### Records for this task ###

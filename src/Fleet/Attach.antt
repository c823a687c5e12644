-- ===== src/Fleet/Attach.antt =====
-- The attach stream of crates/core/src/fleet.rs: `attach_once` reads one connection to its end,
-- `attach_loop` connects again. What a read gives and when a shutdown is signalled is an argument; the
-- parser of serde_json is a parameter. `read_line` gives a line with its end, or at the end of the
-- stream what is left of one.
pub mod Replay
pub mod Ends
use prospero.Prelude.{
  ℕ, zero, suc, ◌+◌, ◌<◌, Bool, true, false, ◌||◌, Option, none, some, List, [], ◌∷◌, String, ltb,
  leb, if◌then◌else◌, is_empty, trim_end,
}
use prospero.Error.{CoreError, Result, ok, err}
use prospero.Json.{Value}
use prospero.Model.Event.{EventKind, is_finish}
use prospero.Caliband.Frames.{
  NormalizeOptions, Normalized, event, dropped, unknown, normalize_frame,
}
use prospero.Fleet.Emitter.{StoreApi, Ambient, Emitter, emit}

pub record AttachBackoff : Type 0 where
  pub base : ℕ
  pub max : ℕ
  pub max_retries : ℕ

-- In milliseconds.
abbrev pub default_backoff : AttachBackoff
default_backoff = record { base = 200; max = 10000; max_retries = 8 }

pub data StreamOutcome : Type 0 where
  finished disconnected : StreamOutcome

-- What one turn of the reading loop gets; the ambient values are those of the event it may emit.
pub data Read : Type 0 where
  line : Ambient → String → Read
  failed : CoreError → Read
  shutdown : Read

-- One try: the endpoint or the stream that could not be opened, or the reads up to the end of the
-- stream; whether a shutdown is signalled when it is over, and while the loop waits to try again.
pub record Try : Type 0 where
  pub opened : Result (List Read)
  pub stopped : Bool
  pub stopped_waiting : Bool

-- The emitter, the counter of unknown frames and the high-water mark over the stream's lines.
pub record Attach (S : Type 0) : Type 0 where
  pub emitter : Emitter S Value
  pub unknown_frames : ℕ
  pub frames_seen : ℕ

-- The reading loop's own variables beside them.
pub record Reading (S : Type 0) : Type 0 where
  pub att : Attach S
  pub idx : ℕ
  pub saw_terminal : Bool

unfoldable pub is_final : Result StreamOutcome → Bool
is_final (ok finished) = true
is_final _ = false

-- The loop's result when its budget is spent.
unfoldable pub given_up : Result StreamOutcome → Result (Unit {0})
given_up (ok outcome) = ok tt
given_up (err e) = err e

-- Whose events the stream's are. The id that caliband knows the agent by goes to the client alone.
pub record AttachTarget : Type 0 where
  pub repo : String
  pub agent_id : String

-- What an attach task is given: the store, the rendering of an error, `serde_json::from_str`, the
-- target, and the options.
pub record Setup : Type 1 where
  pub api : StoreApi Value
  pub describe : CoreError → String
  pub parse : String → Option Value
  pub target : AttachTarget
  pub normalize : NormalizeOptions
  pub backoff : AttachBackoff

module _ (setup : Setup) where
  open setup use {api, describe, parse, target, normalize, backoff}
  open api use {Store}

  emit_kind : Emitter Store Value → Ambient → EventKind Value → Emitter Store Value
  emit_kind em env kind = emit api describe em env target.repo target.agent_id kind

  -- What becomes of a normalized frame.
  unfoldable pub deliver : Reading Store → Ambient → Normalized → Reading Store
  unfolding emit_kind
  deliver r env (event kind) = record r {
    att = record r.att { emitter = emit_kind r.att.emitter env kind };
    saw_terminal = is_finish kind || r.saw_terminal;
  }
  deliver r env dropped = r
  deliver r env unknown = record r {
    att = record r.att { unknown_frames = r.att.unknown_frames + 1 };
  }

  -- A line that does not parse is skipped.
  unfoldable pub deliver_line : Reading Store → Ambient → Option Value → Reading Store
  deliver_line r env none = r
  deliver_line r env (some frame) = deliver r env (normalize_frame frame normalize)

  -- A line that is not empty: skipped when an earlier connection has processed it.
  unfoldable pub take_line : Reading Store → Ambient → String → Reading Store
  take_line r env trimmed =
      let counted = record r { idx = r.idx + 1 } in
      if leb (r.idx + 1) r.att.frames_seen
      then counted
      else deliver_line (record counted { att = record r.att { frames_seen = r.idx + 1 } }) env
          (parse trimmed)

  unfoldable pub read_line : Reading Store → Ambient → String → Reading Store
  read_line r env s =
      let trimmed = trim_end s in if is_empty trimmed then r else take_line r env trimmed

  unfoldable pub read_all : Reading Store → List Read → Attach Store × Result StreamOutcome
  read_all r [] = (r.att, ok (if r.saw_terminal then finished else disconnected))
  read_all r (failed e ∷ reads) = (r.att, err e)
  read_all r (shutdown ∷ reads) = (r.att, ok finished)
  read_all r (line env s ∷ reads) = read_all (read_line r env s) reads

  unfoldable pub attach_once :
      Attach Store → Result (List Read) → Attach Store × Result StreamOutcome
  attach_once att (err e) = (att, err e)
  attach_once att (ok reads) = read_all (record { att = att; idx = 0; saw_terminal = false }) reads

  -- The loop, over the tries that the environment will grant; nothing while it still waits for one.
  unfoldable pub attach_from :
      Attach Store → ℕ → List Try → Attach Store × Option (Result (Unit {0}))
  attach_from att attempt [] = (att, none)
  attach_from att attempt (t ∷ tries) =
      let (att', outcome) = attach_once att t.opened in
      let attempt' = if ltb att.frames_seen att'.frames_seen then 0 else attempt in
      let again = attach_from att' (attempt' + 1) tries in
      if is_final outcome || t.stopped
      then (att', some (ok tt))
      else (if leb backoff.max_retries attempt'
          then (att', some (given_up outcome))
          else (if t.stopped_waiting then (att', some (ok tt)) else again))

  unfoldable pub attach_loop :
      Emitter Store Value → ℕ → List Try → Attach Store × Option (Result (Unit {0}))
  attach_loop em unknown_frames tries =
      attach_from (record { emitter = em; unknown_frames = unknown_frames; frames_seen = 0 }) 0
        tries
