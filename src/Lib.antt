-- ===== src/Lib.antt =====
-- rlab: what a local research runtime promises of its durable state.
--
-- The runtime keeps everything in files: a registry of what a project declares, plans of jobs
-- made from experiments and studies, a directory for each run with its lock, manifest, status and
-- results, and a store of artifacts. The core is the crate crates/rlab-core; the command line and
-- the Python bindings call it. A registry record is decoded into designs, a design is planned as
-- jobs, a job is run in a session that owns its run directory, and finished runs are trimmed and
-- pruned by the storage policy.
--
-- Prelude: lists, texts (code points), maps in key order (BTreeMap), decimal numbers, the
-- comparisons of floats given as bits, and the errors of crates/rlab-core/src/error/kind.rs with
-- the propagation of errors by `?`; a panic is one error more, since it ends its callers in the
-- same way. Effect has actions over files: an action takes the files and a count of steps and
-- gives an outcome, the files and the new count; which steps fail is a function of the count, so
-- that a theorem for all such functions is one for every place of a failure. Effect/Triple has
-- the rules by which outcomes are proved, with one postcondition for a return and one for an
-- error.
-- Json: the values of serde_json, their equality, and paths into them.
-- Documents: crates/rlab-core/src/config/documents. merge.rs is `merge`, overrides.rs is
-- `set_path`, diff.rs is `diff_values`, load.rs is `load` and `apply_dotted_overrides`. A folder
-- is a map from names to what its files parse to. `load` has fuel; as each step adds a name to
-- the stack and a name on the stack is refused, one more than the number of files is enough, and
-- this is proved.
-- Registry: crates/rlab-core/src/registry. A registry is the list of its records; `insert` gives
-- the outcome and the registry that it leaves. Cache is schema.rs, with the digest of bytes as a
-- parameter. A path in a cache is the text of its components joined by single slashes, since
-- paths are compared by components.
-- Experiments: crates/rlab-core/src/experiments. Matrix is matrix.rs, Retry is retry.rs, Planner
-- is model.rs and planner.rs. A `usize` has 64 bits, and the checked products are written out. A
-- list of rows or of jobs that asks for more than isize::MAX bytes panics, at 24 bytes a row and
-- 160 bytes a job.
-- Study: crates/rlab-core/src/study/registry.rs. Decode is what the metadata of a record decodes
-- to, Cases is `study_experiment_cases` and `plan_registry_study`, Jobs has the loops of
-- `append_study_jobs`. What serde says of a value that does not decode is left out of the
-- messages. Jobs/Slots says independently of the loops which jobs a study has, in which order,
-- and with which parameters.
-- Migrate: crates/rlab-core/src/migrate. The scans of runs.rs and registry.rs, the plan of
-- plan.rs. A file is the outcome of reading and parsing it.
-- Storage: Glob is `glob_match` of run/storage.rs and `wildcard_match` of run/query.rs; Retention
-- is `apply_output_retention` of run/storage.rs; Collect is `prune_runs_keep_per_experiment` and
-- Cache is `enforce_materialized_cap` of artifact/gc.rs (both below crates/rlab-core/src).
-- Directories are lists of entries in the order of the system, and listing and removing may fail.
-- Artifact: crates/rlab-core/src/artifact. Reference is the parsing of manifest.rs, Layout its
-- records and the paths of store.rs, Store is `promote` and `ingest_path`, Lookup is `describe`
-- and `list`, Sweep is `sweep_unreachable_objects` of gc.rs, Resolve is resolve.rs. The store is
-- a map from paths to files, a file being what its contents parse to; a copy that fails may leave
-- a part of the file, and a line of the index is appended whole or not at all. Folders are not
-- modelled, and the JSON `Value` of a run line is one of Json.
-- Fs: crates/rlab-core/src/fs/safety.rs, the checks that a path stays below a root, on Unix
-- paths.
-- Jobs: crates/rlab-core/src/jobs/store.rs. The rows of `jobs.jsonl` and the logs are the files;
-- what the shell does with a command is a parameter.
-- Run: crates/rlab-core/src/run. State is state.rs, Metric is result/metric.rs and the sums of
-- run/store.rs, Files is the state of a run directory and the actions on it, Session and Create
-- are `RunSession` of lifecycle.rs with the lock of fs/lock.rs, Query is query.rs and Compare is
-- compare/runs.rs, over a directory of runs that is only read. A write that fails leaves its
-- target as it was, which is what the atomic writes of fs/atomic.rs are for. The storage policy
-- of a completed run is a parameter, which gives what it leaves of the files of the run and how
-- it ends; it may remove any of them.
--
-- Not modelled: parsing of YAML, JSON and TOML, digests, the clock and the file system itself are
-- parameters. The materialized trees of the store, configuration loading, journals, statistics
-- and reports are left out. The command line and the Python bindings are glue. Error messages are
-- a format string and its arguments. The order in which `run_finalize_storage` calls the parts of
-- the storage policy is not modelled, only most of these parts, under Storage and Artifact.
pub mod Prelude
pub mod Json
pub mod Documents
pub mod Registry
pub mod Experiments
pub mod Study
pub mod Storage
pub mod Artifact
pub mod Fs
pub mod Jobs
pub mod Run
pub mod Migrate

###

» Task requirements:
One number and nothing else is the answer: how many lines of the material include "none".

» Answer section:
3